Can the strikes be stopped?

The first pair—Aslef on May 12 and RMT on May 13—seems quite unlikely to be cancelled. All sides will be closely observing to see how successful the walk-outs are.

The government and railway operators seem to be banking on a decline in union members’ willingness to support a strike. If more than half the trains on the timetable can operate,

The unions, on the other hand, think that there is still a lot of support for the strikes and that eventually the ministers would relent and accept unconditional wage increases.

I’ve made travel arrangements for one of the strike days. What should I do?

If the train that the ticket is purchased for is cancelled, delayed, or rescheduled, passengers with Advance, Anytime, or Off-Peak tickets can get their ticket reimbursed without paying a charge.

Train companies will probably provide customers the option to travel on a variety of days that are not strike days.

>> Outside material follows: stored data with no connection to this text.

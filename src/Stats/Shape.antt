-- ===== src/Stats/Shape.antt =====
-- The records that the statistics of a process consist of (api/actions/process_stats.go).
use korifi.Base.{
  ℕ, zero, suc, ◌+◌, ◌<◌, ◌≤◌, ap, String, ◌≡◌, refl, ◌≢◌, List, [], ◌∷◌, true, false, some, ◌==◌,
  eq_iff, arith, ◌∙◌, inl, inr, All, length, leb, eqb, Bool-cases, sym, subst,
}
use korifi.Base.Int.{ℤ, pos}
use korifi.Kube.Errors.{ApiError, Result, ok}
use korifi.Stats.Pods.{get_pod_state}
use korifi.Stats.Fetch.{Repositories, fetch_stats}
use korifi.Stats.Records.{
  Units, PodStatsRecord, PodMetrics, ProcessRecord, aggregate_container_metrics, extract_index,
  blank_records, measured, update_at, onto, written, expected_records, apply_metrics, step_metrics,
  fill_records,
}
use korifi.Stats.Reports.{indexed_at, reports, state_at, StateOf, state_at_lem}

module _ (units : Units) (atoi : String → Result String ℤ) where
  -- The records number the instances of the process from `i` on, one after the other.
  pub Instances :
      List (PodMetrics units) → String → String → ℕ → List (PodStatsRecord units) → Type 0
  Instances ms guid process_type i [] = Unit
  Instances ms guid process_type i (r ∷ rs) =
      (r.process_guid ≡ guid)
      × (r.process_type ≡ process_type)
      × (r.index ≡ i)
      × StateOf units atoi ms i r.state
      × Instances ms guid process_type (suc i) rs

  -- Records of the same instances, in the states that the metrics lead to.
  Filled :
      List (PodMetrics units)
      → ℕ
      → List (PodStatsRecord units)
      → List (PodStatsRecord units)
      → Type 0
  Filled ms i [] [] = Unit
  Filled ms i [] (q ∷ qs) = ⊥
  Filled ms i (r ∷ rs) [] = ⊥
  Filled ms i (r ∷ rs) (q ∷ qs) =
      (q.process_guid ≡ r.process_guid)
      × (q.process_type ≡ r.process_type)
      × (q.index ≡ r.index)
      × (q.state ≡ state_at units atoi i ms r.state)
      × Filled ms (suc i) rs qs

  Filled-nothing : (i : ℕ) (rs : List (PodStatsRecord units)) → Filled [] i rs rs
  unfolding Filled state_at
  Filled-nothing i [] = tt
  Filled-nothing i (r ∷ rs) = (refl, refl, refl, refl, Filled-nothing (suc i) rs)

  Filled-quiet :
      (m : PodMetrics units) (k : ℕ) (rs : List (PodStatsRecord units))
      → ((i : ℕ) → k ≤ i → i < k + length rs → reports units atoi i m ≡ false)
      → Filled (m ∷ []) k rs rs
  unfolding Filled state_at
  Filled-quiet m k [] quiet = tt
  Filled-quiet m k (r ∷ rs) quiet = (
    refl,
    refl,
    refl,
    rw (quiet k (omega arith) (omega arith)) refl,
    Filled-quiet m (suc k) rs (λ i low high. quiet i (omega arith) (omega arith)),
  )

  Filled-Filled :
      (m : PodMetrics units) (ms : List (PodMetrics units)) (k : ℕ)
      (rs ps qs : List (PodStatsRecord units))
      → Filled (m ∷ []) k rs ps
      → Filled ms k ps qs
      → Filled (m ∷ ms) k rs qs
  unfolding Filled state_at
  Filled-Filled m ms k [] [] [] h h' = tt
  Filled-Filled m ms k [] [] (q ∷ qs) h h' = elim h' [ ]
  Filled-Filled m ms k [] (p ∷ ps) qs h h' = elim h [ ]
  Filled-Filled m ms k (r ∷ rs) [] qs h h' = elim h [ ]
  Filled-Filled m ms k (r ∷ rs) (p ∷ ps) [] h h' = elim h' [ ]
  Filled-Filled m ms k (r ∷ rs) (p ∷ ps) (q ∷ qs) (g, t, n, s, h) (g', t', n', s', h') = (
    g' ∙ g,
    t' ∙ t,
    n' ∙ n,
    s' ∙ ap (state_at units atoi k ms) s,
    Filled-Filled m ms (suc k) rs ps qs h h',
  )

  blank_records-Filled :
      (p : ProcessRecord units) (guid : String) (ms : List (PodMetrics units)) (i n : ℕ)
      (qs : List (PodStatsRecord units))
      → Filled ms i (blank_records units p guid i n) qs
      → Instances ms guid p.process_type i qs × (length qs ≡ n)
  unfolding blank_records Instances Filled
  blank_records-Filled p guid ms i zero [] h = (tt, refl)
  blank_records-Filled p guid ms i zero (q ∷ qs) h = elim h [ ]
  blank_records-Filled p guid ms i (suc n) [] h = elim h [ ]
  blank_records-Filled p guid ms i (suc n) (q ∷ qs) (g, t, at, s, h) =
      let (rest, size) = blank_records-Filled p guid ms (suc i) n qs h in
      let state : StateOf units atoi ms i q.state =
        subst (StateOf units atoi ms i) (sym s) (state_at_lem units atoi i ms "DOWN") in
      ((g, t, at, state, rest), omega (arith, size))

  measured_same :
      (p : ProcessRecord units) (state : String) (usage : List (String × units.Quantity)) (time : ℕ)
      (r : PodStatsRecord units)
      → ((measured units p state usage time r).process_guid ≡ r.process_guid)
        × ((measured units p state usage time r).process_type ≡ r.process_type)
        × ((measured units p state usage time r).index ≡ r.index)
        × ((measured units p state usage time r).state ≡ state)
  unfolding measured
  measured_same p state [] time r = (refl, refl, refl, refl)
  measured_same p state (u ∷ us) time r = (refl, refl, refl, refl)

  update_at-Filled :
      (p : ProcessRecord units) (m : PodMetrics units) (usage : List (String × units.Quantity))
      (k i : ℕ) (rs : List (PodStatsRecord units))
      → ((n : ℕ) → indexed_at units atoi n (extract_index units atoi m.pod) ≡ eqb (k + i) n)
      → (get_pod_state m.pod == "DOWN") ≡ false
      → i < length rs
      → (qs : List (PodStatsRecord units)) × (update_at units
            (measured units p (get_pod_state m.pod) usage m.timestamp)
            i
            rs
          ≡ some qs)
        × Filled (m ∷ []) k rs qs
  unfolding update_at Filled state_at
  update_at-Filled p m usage k i [] at up inside = absurd (omega (arith, inside))
  update_at-Filled p m usage k zero (r ∷ rs) at up inside =
      let (g, t, n, s) = measured_same p (get_pod_state m.pod) usage m.timestamp r in
      let this : reports units atoi k m ≡ true = ground (arith, at k, up) in
      (
        _,
        refl,
        (
          g,
          t,
          n,
          s ∙ (rw this refl),
          Filled-quiet m (suc k) rs (λ i low high. ground (arith, at i, low)),
        ),
      )
  update_at-Filled p m usage k (suc i) (r ∷ rs) at up inside =
      let next : (n : ℕ)
          → indexed_at units atoi n (extract_index units atoi m.pod) ≡ eqb (suc k + i) n =
        λ n. ground (arith, at n) in
      let (qs, is, rest) = update_at-Filled p m usage (suc k) i rs next up (omega arith) in
      let other : reports units atoi k m ≡ false = ground (arith, at k) in
      (r ∷ qs, ap (onto units r) is, (refl, refl, refl, rw other refl, rest))

  apply_metrics-Filled :
      (p : ProcessRecord units) (m : PodMetrics units) (i : ℕ) (rs : List (PodStatsRecord units))
      → extract_index units atoi m.pod ≡ ok i
      → (qs : List (PodStatsRecord units)) × (apply_metrics units p m i rs ≡ ok qs)
        × Filled (m ∷ []) 0 rs qs
  apply_metrics-Filled p m i rs index =
      let usage = aggregate_container_metrics units m.containers in
      let at : (n : ℕ) → indexed_at units atoi n (extract_index units atoi m.pod) ≡ eqb i n =
        λ n. ap (indexed_at units atoi n) index in
      elim (Bool-cases (get_pod_state m.pod == "DOWN")) [
        | inl down ↦ (rs, (rw down refl), Filled-quiet m 0 rs (λ n low high. ground (arith, down)))
        | inr up ↦ elim (Bool-cases (leb (length rs) i)) [
          | inl past ↦ (
            rs,
            (rw (up, past) refl),
            Filled-quiet m 0 rs (λ n low high. ground (arith, at n, past, high)),
          )
          | inr inside ↦
              let (qs, is, h) =
                update_at-Filled p m usage 0 i rs (λ n. ground (arith, at n)) up (ground arith) in
              (qs, (rw (up, inside) (ap (written units) is)), h)
        ]
      ]

  -- Every metric's pod says which instance it is.
  unfoldable pub Indexed : List (PodMetrics units) → Type 0
  Indexed ms = All (λ m. (i : ℕ) × (extract_index units atoi m.pod ≡ ok i)) ms

  fill_records-Filled :
      (p : ProcessRecord units) (ms : List (PodMetrics units)) (rs : List (PodStatsRecord units))
      → Indexed ms
      → (qs : List (PodStatsRecord units)) × (fill_records units atoi p ms (ok rs) ≡ ok qs)
        × Filled ms 0 rs qs
  unfolding fill_records Indexed
  fill_records-Filled p [] rs good = (rs, refl, Filled-nothing 0 rs)
  fill_records-Filled p (m ∷ ms) rs ((i, index), good) =
      let (ps, done, first) = apply_metrics-Filled p m i rs index in
      let (qs, is, rest) = fill_records-Filled p ms ps good in
      let step = λ (index : Result ApiError ℕ).
        fill_records units atoi p ms (step_metrics units atoi p m index rs) in
      (
        qs,
        ap step index ∙ ap (fill_records units atoi p ms) done ∙ is,
        Filled-Filled m ms 0 rs ps qs first rest,
      )

  -- A process of a started app whose pods all carry an index, and whose number of desired instances
  -- is not negative, has statistics, without a panic: one record for each desired instance, in
  -- order, each in the state of the last pod in the list of metrics that has its index and is not
  -- DOWN, or DOWN where there is no such pod.
  pub fetch_stats-Instances :
      (metrics : List (PodMetrics units)) (repos : Repositories units) (p : ProcessRecord units)
      (guid state : String) (n : ℕ)
      → repos.get_process guid ≡ ok p
      → repos.get_app_state p.app_guid ≡ ok state
      → state ≢ "STOPPED"
      → repos.get_metrics p.app_guid guid ≡ ok metrics
      → Indexed metrics
      → p.desired_instances ≡ pos n
      → (result : List (PodStatsRecord units)) × (fetch_stats units atoi repos guid ≡ ok result)
        × (length result ≡ n)
        × Instances metrics guid p.process_type 0 result
  unfolding fetch_stats
  fetch_stats-Instances metrics repos p guid state n found started running measured' good desired =
      let (result, is, filled) =
        fill_records-Filled p metrics (blank_records units p guid 0 n) good in
      let (all, size) = blank_records-Filled p guid metrics 0 n result filled in
      let up : (state == "STOPPED") ≡ false = ground (arith, eq_iff state "STOPPED") in
      let made = λ (d : ℤ). fill_records units atoi p metrics (expected_records units p guid d) in
      (result, rw (found, started, up, measured') (ap made desired ∙ is), size, all)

Season ticket holders who don’t use their tickets can submit a Delay Repay claim for reimbursement for the strike dates.

What other options are there?

Even though seats are getting harder to find and prices are going up, long-distance coach companies like National Express, Megabus, and Flixbus will continue operating as usual.

Over the weekend of the Eurovision, Megabus has some seats from London to Liverpool for under £40 roundtrip.

National Express sells round-trip tickets from Manchester to London for under £40 on the day of the FA Cup Final.